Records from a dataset
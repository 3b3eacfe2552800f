-- ===== src/Execution/Decide/Safe.antt =====
-- A plan that trades has passed the evaluator, the sizer and the risk manager.
use aimos.Prelude.{
  ◌≡◌, refl, sym, ◌∙◌, ◌⊎◌, inl, inr, true, false, false≢true, Option, some, List, [], Bool-cases,
  Option-cases, or_else, On, absent, present, On-some, ap, subst,
}
use aimos.Prelude.Floats.{Floats, ◌<?◌, IsStrict}
use aimos.Schemas.{is_no_trade, TradePlan, MarketUnderstanding, ExecContext}
use aimos.Execution.Risk.{RiskState, check}
use aimos.Execution.Risk.Gates.{WithinLimits, check_passes_iff, check_result}
use aimos.Execution.Evaluator.{evaluate}
use aimos.Execution.Choice.{IsChosen, evaluate_chooses}
use aimos.Execution.Sizer.{SizingInputs, SizingResult, size}
use aimos.Execution.Sizer.Sized.{IsSized, IsRejected, size_within_caps}
use aimos.Execution.Decide.{
  ExecutionLayer, no_inputs, no_risk, collect, or_idle, new_risk_pct, finish, choose, decide,
}

module _ {F : Type 0} ⦃fl : Floats F⦄ (layer : ExecutionLayer F) (mu : MarketUnderstanding F)
    (ctx : ExecContext F) (inputs : SizingInputs F) (state : RiskState F) where
  -- The plan is a candidate worth taking, whose size keeps to every cap, and it keeps every limit of
  -- the risk manager while the kill switch is off.
  pub record IsSafe (candidates : List (TradePlan F)) (p : TradePlan F) : Type 0 where
    pub winner : TradePlan F
    pub chosen : IsChosen layer.evaluator mu candidates winner
    pub score_reached : (winner.score <? layer.evaluator.min_trade_score) ≡ false
    pub result : SizingResult F
    pub sized : IsSized layer.sizer winner ctx inputs result p
    pub no_kill_switch : state.kill_switch ≡ false
    pub limits : WithinLimits layer.risk_manager p mu ctx state (new_risk_pct p ctx)

  abbrev Trades : List (TradePlan F) → TradePlan F → Type 0
  Trades candidates p = (is_no_trade p.action ≡ true) ⊎ IsSafe candidates p

  check-Trades :
      (candidates : List (TradePlan F))
      → (p : TradePlan F)
      → ((state.kill_switch ≡ false)
          → WithinLimits layer.risk_manager p mu ctx state (new_risk_pct p ctx)
          → IsSafe candidates p)
      → Trades candidates (check layer.risk_manager p mu ctx state (new_risk_pct p ctx)).plan
  check-Trades candidates p safe =
      elim (check_result layer.risk_manager p mu ctx state (new_risk_pct p ctx)) [
        | inl (_, passed, same) ↦ subst (Trades candidates) (sym same) (
            let (off, kept) =
              (check_passes_iff layer.risk_manager p mu ctx state (new_risk_pct p ctx)).0 passed in
            elim kept [ inl idle ↦ inl idle | inr limits ↦ inr (safe off limits) ])
        | inr (v, _, _, idle, _, _, _, _) ↦ inl (ap is_no_trade idle)
      ]

  finish-Trades :
      (candidates : List (TradePlan F))
      → (winner : TradePlan F) → IsChosen layer.evaluator mu candidates winner
      → (winner.score <? layer.evaluator.min_trade_score) ≡ false
      → (x : SizingResult F × TradePlan F)
      → IsRejected layer.sizer winner ctx inputs x.0 x.1
        ⊎ IsSized layer.sizer winner ctx inputs x.0 x.1
      → Trades candidates (finish layer mu ctx state winner x)
  unfolding finish
  finish-Trades candidates winner chosen reached (result, p) (inl h) = rw (h.rejected) (inl refl)
  finish-Trades candidates winner chosen reached (result, p) (inr h) = rw (h.placed.accepted) (
      check-Trades candidates p (λ off limits. record {
        winner = winner;
        chosen = chosen;
        score_reached = reached;
        result = result;
        sized = h;
        no_kill_switch = off;
        limits = limits;
      }))

  choose-Trades :
      IsStrict fl
      → (candidates : List (TradePlan F))
      → On (Trades candidates) (choose layer mu ctx inputs state candidates)
  unfolding choose
  choose-Trades strict candidates =
      let winner = evaluate layer.evaluator candidates mu in
      elim (evaluate_chooses layer.evaluator mu candidates) [
        | inl idle ↦ rw (choose, idle) (present (inl idle))
        | inr (chosen, reached) ↦ elim (Bool-cases (is_no_trade winner.action)) [
          | inl idle ↦ rw (choose, idle) (present (inl idle))
          | inr trades ↦ elim (Option-cases (size layer.sizer winner ctx inputs)) [
            | inl e ↦ rw (choose, trades, e) absent
            | inr (x, e) ↦
                rw (choose, trades, e)
                  (present (
                    finish-Trades candidates winner chosen reached x
                      (size_within_caps layer.sizer winner ctx inputs strict x e)))
          ]
        ]
      ]

module _ {F : Type 0} ⦃fl : Floats F⦄ (layer : ExecutionLayer F) (mu : MarketUnderstanding F)
    (ctx : ExecContext F) (inputs : Option (SizingInputs F)) (state : Option (RiskState F)) where
  -- Where `<` is a strict order: when the decision is a plan that trades, that plan is one of the
  -- plugins' proposals, worth taking and scored at the minimum or above; its size is finite, above zero, no
  -- less than the exchange's minimum and no more than each cap; the kill switch is off and the plan
  -- keeps every limit of the risk manager.
  pub decide-IsSafe :
      IsStrict fl
      → (candidates : List (TradePlan F)) → (p : TradePlan F)
      → collect layer.plugins mu ctx [] ≡ some candidates
      → decide layer mu ctx inputs state ≡ some p
      → is_no_trade p.action ≡ false
      → IsSafe layer mu ctx
          (or_else inputs no_inputs)
          (or_else state no_risk)
          (or_idle mu candidates)
          p
  unfolding decide
  decide-IsSafe strict candidates p collected decided trades =
      let here =
        choose layer mu ctx (or_else inputs no_inputs) (or_else state no_risk)
          (or_idle mu candidates) in
      let same : here ≡ some p = rw (decide, collected) refl ∙ decided in
      elim (On-some
        (choose-Trades layer mu ctx (or_else inputs no_inputs) (or_else state no_risk) strict
          (or_idle mu candidates))
        same) [ inl idle ↦ absurd (false≢true (sym trades ∙ idle)) | inr safe ↦ safe ]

◆ Problem ◆
Using only the entries above, output the line with "(_, passed, same)", the line with "(ap is_no_trade idle)", and all lines between them, exactly as they stand.

◆ Completed exercise ◆
        | inl (_, passed, same) ↦ subst (Trades candidates) (sym same) (
            let (off, kept) =
              (check_passes_iff layer.risk_manager p mu ctx state (new_risk_pct p ctx)).0 passed in
            elim kept [ inl idle ↦ inl idle | inr limits ↦ inr (safe off limits) ])
        | inr (v, _, _, idle, _, _, _, _) ↦ inl (ap is_no_trade idle)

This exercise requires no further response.